Evaluation Methods
Spec27 supports three evaluation methods for deciding whether an output passed.
The right method depends on the kind of task you are evaluating. Some tasks have one exact correct answer. Some allow a small set of acceptable answers. Others require interpretation.
This page helps you choose the method that fits your evaluation.
Strict equality
Use strict equality when the output must match the expected answer exactly.
Best for:
- deterministic responses
- exact answer checks
- baseline validation
Avoid it when:
- multiple outputs are acceptable
- wording can vary while still being correct
- the task needs interpretation
If the expected answer is fixed and exact, this is usually the clearest option.
Permitted values
Use permitted values when multiple outputs are acceptable, but the set is still constrained.
Best for:
- fixed labels
- multiple approved variants
- simple classification-style outputs
Avoid it when:
- the accepted space is too large to enumerate
- you need explanation, rubric logic, or nuanced judgment
This method is useful when the output can vary, but only within a controlled set.
Judge-based scoring
Use judge-based scoring when correctness depends on interpretation rather than exact matching.
Best for:
- rubric-based reviews
- nuanced policy checks
- outputs where explanation and scoring matter
Judge-based runs can include a structured score, explanation, and vote details.

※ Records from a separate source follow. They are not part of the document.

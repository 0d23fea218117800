-- ===== src/Orders/Fills.antt =====
-- A trade's fill of its two orders keeps the tables good.
use Prim.Native.String.{String}
use text.Mathlib.Text.{◌==◌ as same_text}
use text.Mathlib.TextEquality.{eq_iff}
use tradedrift.Base.{
  and_left, negated, ℕ, ◌≤◌, ◌≡◌, refl, sym, subst, Option, none, some, true, false, List, [], ◌∷◌,
  ◌++◌, All, leb, leb→le, if◌then◌else◌, any_row, update_rows, Bool-cases, inl, inr,
}
use tradedrift.Base.Outcomes.{ok}
use tradedrift.Base.Post.{
  Post, Post-require, Post-check, Post-then, Post-step, Post-if, Post-map, check-true, both_pass,
}
use tradedrift.Base.Swaps.{
  Swaps, Swaps-All, Swaps-All_old, update_rows-Swaps, first_row-Only, first_row-true,
}
use tradedrift.Orders.Table.{
  OrderSide, side_buy, side_sell, OrderStatus, open_order, partially_filled, filled, cancelling,
  cancelled, Order, OrderTables, is_unsettled, is_fillable, same_side,
}
use tradedrift.Orders.Repository.{
  order_of, enqueue_release, fill_row, fill_status, lock_order, validate_fill, fill_order,
  apply_new_fill, apply_trade_fill, same_order,
}
use tradedrift.Orders.Lifecycle.{
  order_key, GoodOrders, Good, enqueue_holds, enqueue_keeps, swapped-GoodOrders,
  fill_row-IsConsistent,
}

-- The rows of the order's id are the order.
abbrev Only : Order → List Order → Type 0
Only o orders = All (λ y. same_text y.id o.id ≡ true → y ≡ o) orders

-- A locked order of a trade that can take the fill.
abbrev Fillable : ℕ → Option Order → List Order → Type 0
Fillable quantity none orders = Unit
Fillable quantity (some o) orders =
    Only o orders × (is_fillable o.status ≡ true) × (quantity ≤ o.remaining_quantity)

abbrev Apart : Option Order → Option Order → Type 0
Apart (some a) (some b) = same_text a.id b.id ≡ false
Apart _ _ = Unit

fill_status_settled :
    (s : OrderStatus) → is_unsettled (fill_status s) ≡ false → is_unsettled s ≡ false
fill_status_settled open_order h = cc
fill_status_settled partially_filled h = cc
fill_status_settled filled h = cc
fill_status_settled cancelling h = cc
fill_status_settled cancelled h = refl

module _ {P : Type 0} (quantity : ℕ) (o : Order) (db : OrderTables P) (good : Good db)
    (fillable : Fillable quantity (some o) db.orders) where
  filled-Good :
      {orders : List Order}
      → Swaps o (fill_row quantity o) db.orders orders
      → GoodOrders orders (
          if leb o.remaining_quantity quantity
          then enqueue_release o.id db.wallet_releases
          else db.wallet_releases)
  unfolding fill_row
  filled-Good s =
      let fits = fill_row-IsConsistent quantity o fillable.2 (Swaps-All_old _ s good.consistent) in
      elim (Bool-cases (leb o.remaining_quantity quantity)) [
        | inl t ↦ rw t (
            swapped-GoodOrders db.wallet_releases (enqueue_release o.id db.wallet_releases) refl s
              fits (λ u. enqueue_holds o.id db.wallet_releases)
              (λ other h. enqueue_keeps o.id other db.wallet_releases h) good)
        | inr n ↦ rw n (
            swapped-GoodOrders db.wallet_releases db.wallet_releases refl s fits
              (λ u. Swaps-All_old _ s good.queued (
                fill_status_settled o.status (
                  subst (λ b. is_unsettled (if b then filled else fill_status o.status) ≡ false) n
                    u)))
              (λ other h. h) good)
      ]

  fill_locked-Good :
      (side : OrderSide)
      → Post
          (λ (d : OrderTables P).
            Good d
            × ((p : Order) → same_text o.id p.id ≡ false → Only p db.orders → Only p d.orders))
          (fill_order (some o) side quantity db)
  unfolding fill_order fill_row
  fill_locked-Good side = Post-require _ (update_rows _ _ db.orders) _ _ λ orders found.
      let (x, s, t) =
        update_rows-Swaps order_key _ (fill_row quantity) o.id
          (λ a h. and_left (same_text a.id o.id) (same_side a.side side) h) db.orders orders
          good.ids found in
      let same = Swaps-All_old _ s fillable.0 (and_left _ (same_side x.side side) t) in
      let s' = subst (λ v. Swaps v (fill_row quantity v) db.orders orders) same s in
      (filled-Good s', λ p away only. Swaps-All _ s' (λ e. cc (away, e)) only)

-- The half of a trade's second order is not touched by the first.
fill_order-Good :
    {P : Type 0} (quantity : ℕ) (res other : Option Order) (side : OrderSide) (db : OrderTables P)
    → Good db
    → Fillable quantity res db.orders
    → Apart res other
    → Fillable quantity other db.orders
    → Post
        (λ (d : OrderTables P). Good d × Fillable quantity other d.orders)
        (fill_order res side quantity db)
unfolding fill_order
fill_order-Good quantity none other side db good h apart next = (good, next)
fill_order-Good {P = P} quantity (some o) none side db good h apart next =
    Post-map (λ (d : OrderTables P). Good d × Unit) _ (fill_order (some o) side quantity db)
      (λ d g. (g.0, tt)) (fill_locked-Good quantity o db good h side)
fill_order-Good {P = P} quantity (some o) (some p) side db good h apart next =
    Post-map (λ (d : OrderTables P). Good d × Fillable quantity (some p) d.orders) _
      (fill_order (some o) side quantity db) (λ d g. (g.0, (g.1 p apart next.0, next.1, next.2)))
      (fill_locked-Good quantity o db good h side)

none-Apart : (x : Option Order) → Apart x none
none-Apart none = tt
none-Apart (some x) = tt

-- The order that a lock returns.
abbrev IsLocked : {P : Type 0} → Option String → OrderTables P → Option Order → Type 0
IsLocked none db none = Unit
IsLocked (some id) db (some o) = (o.id ≡ id) × Only o db.orders
IsLocked _ db _ = true ≡ false

lock_order-IsLocked :
    {P : Type 0} (id : Option String) (db : OrderTables P)
    → Good db
    → Post (IsLocked id db) (lock_order id db)
unfolding lock_order order_of
lock_order-IsLocked none db good = tt
lock_order-IsLocked (some id) db good = Post-require _ (order_of id db.orders) _ _ λ o found. (
  (eq_iff o.id id).0 (first_row-true (λ (x : Order). same_text x.id id) db.orders found),
  first_row-Only order_key (λ y. y ≡ o) _ db.orders good.ids found refl,
)

validated-Fillable :
    {P : Type 0} (id : Option String) (res : Option Order) (side : OrderSide) (quantity : ℕ)
    (db : OrderTables P)
    → IsLocked id db res
    → validate_fill res side quantity ≡ ok tt
    → Fillable quantity res db.orders
unfolding validate_fill
validated-Fillable none none side quantity db locked v = tt
validated-Fillable none (some o) side quantity db locked v = cc
validated-Fillable (some id) none side quantity db locked v = cc
validated-Fillable (some id) (some o) side quantity db locked v =
    let (side_ok, rest) = both_pass _ _ v in
    let (fillable, enough) = both_pass _ _ rest in
    (
      locked.1,
      check-true _ _ fillable,
      leb→le quantity o.remaining_quantity (check-true _ _ enough),
    )

locked-Apart :
    {P : Type 0} (a b : Option String) (x y : Option Order) (db : OrderTables P)
    → IsLocked a db x
    → IsLocked b db y
    → same_order a b ≡ false
    → Apart x y
unfolding same_order
locked-Apart none b none y db h k e = tt
locked-Apart none b (some x) y db h k e = cc
locked-Apart (some a) none x none db h k e = none-Apart x
locked-Apart (some a) none x (some y) db h k e = cc
locked-Apart (some a) (some b) none y db h k e = cc
locked-Apart (some a) (some b) (some x) none db h k e = cc
locked-Apart (some a) (some b) (some x) (some y) db h k e =
    subst (λ i. same_text i y.id ≡ false) (sym h.0) (subst (λ i. same_text a i ≡ false) (sym k.0) e)

apply_new_fill-Good :
    {P : Type 0} (trade : String) (buy_id sell_id : Option String) (quantity : ℕ)
    (db : OrderTables P)
    → Good db
    → same_order buy_id sell_id ≡ false
    → Post Good (apply_new_fill trade buy_id sell_id quantity db)
unfolding apply_new_fill
apply_new_fill-Good {P = P} trade buy_id sell_id quantity db good differ =
    let recorded : OrderTables P = record db {
      processed_trades = db.processed_trades ++ (trade ∷ []);
    } in
    Post-step _ _ _ _ (lock_order-IsLocked buy_id db good) λ buy buy_locked.
      Post-step _ _ _ _ (lock_order-IsLocked sell_id db good) λ sell sell_locked.
        Post-then _ _ _ λ buy_ok. Post-then _ _ _ λ sell_ok. Post-check _ _ _ _ λ _.
          Post-step _ _ _ _
            (fill_order-Good quantity buy sell side_buy recorded good
              (validated-Fillable buy_id buy side_buy quantity db buy_locked buy_ok)
              (locked-Apart buy_id sell_id buy sell db buy_locked sell_locked differ)
              (validated-Fillable sell_id sell side_sell quantity db sell_locked sell_ok))
            λ bought (still, sell_fillable).
              Post-map Good _ _ (λ d g. g.0)
                (fill_order-Good quantity sell none side_sell bought still sell_fillable
                  (none-Apart sell) tt)

pub apply_trade_fill-Good :
    {P : Type 0} (trade : String) (buy_id sell_id : Option String) (quantity : Option ℕ)
    (db : OrderTables P)
    → Good db
    → Post Good (apply_trade_fill trade buy_id sell_id quantity db)
unfolding apply_trade_fill
apply_trade_fill-Good trade buy_id sell_id quantity db good = Post-require _ quantity _ _ λ n _.
    Post-check _ _ _ _ λ _. Post-check _ _ _ _ λ differ.
      Post-if Good (any_row (same_text trade) db.processed_trades) _ _ good
        (apply_new_fill-Good trade buy_id sell_id n db good (negated _ differ))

Judge-based scoring is the normal path for Red Team specifications.
How to choose
- Start with strict equality when one exact answer is correct.
- Use permitted values when several answers are acceptable, but the set is still limited.
- Use judge-based scoring when the result depends on meaning, quality, policy, or context.
Team-specific guidance
- In Gold Team work, all three methods can make sense depending on the task. If you are checking whether an agent stays correct under natural user variation, you will often start with strict equality or permitted values.
- In Red Team work, judge-based evaluation is the expected path because harmful behavior usually requires interpretation. You often need to decide whether the model meaningfully complied with a harmful request or whether the refusal was sufficient.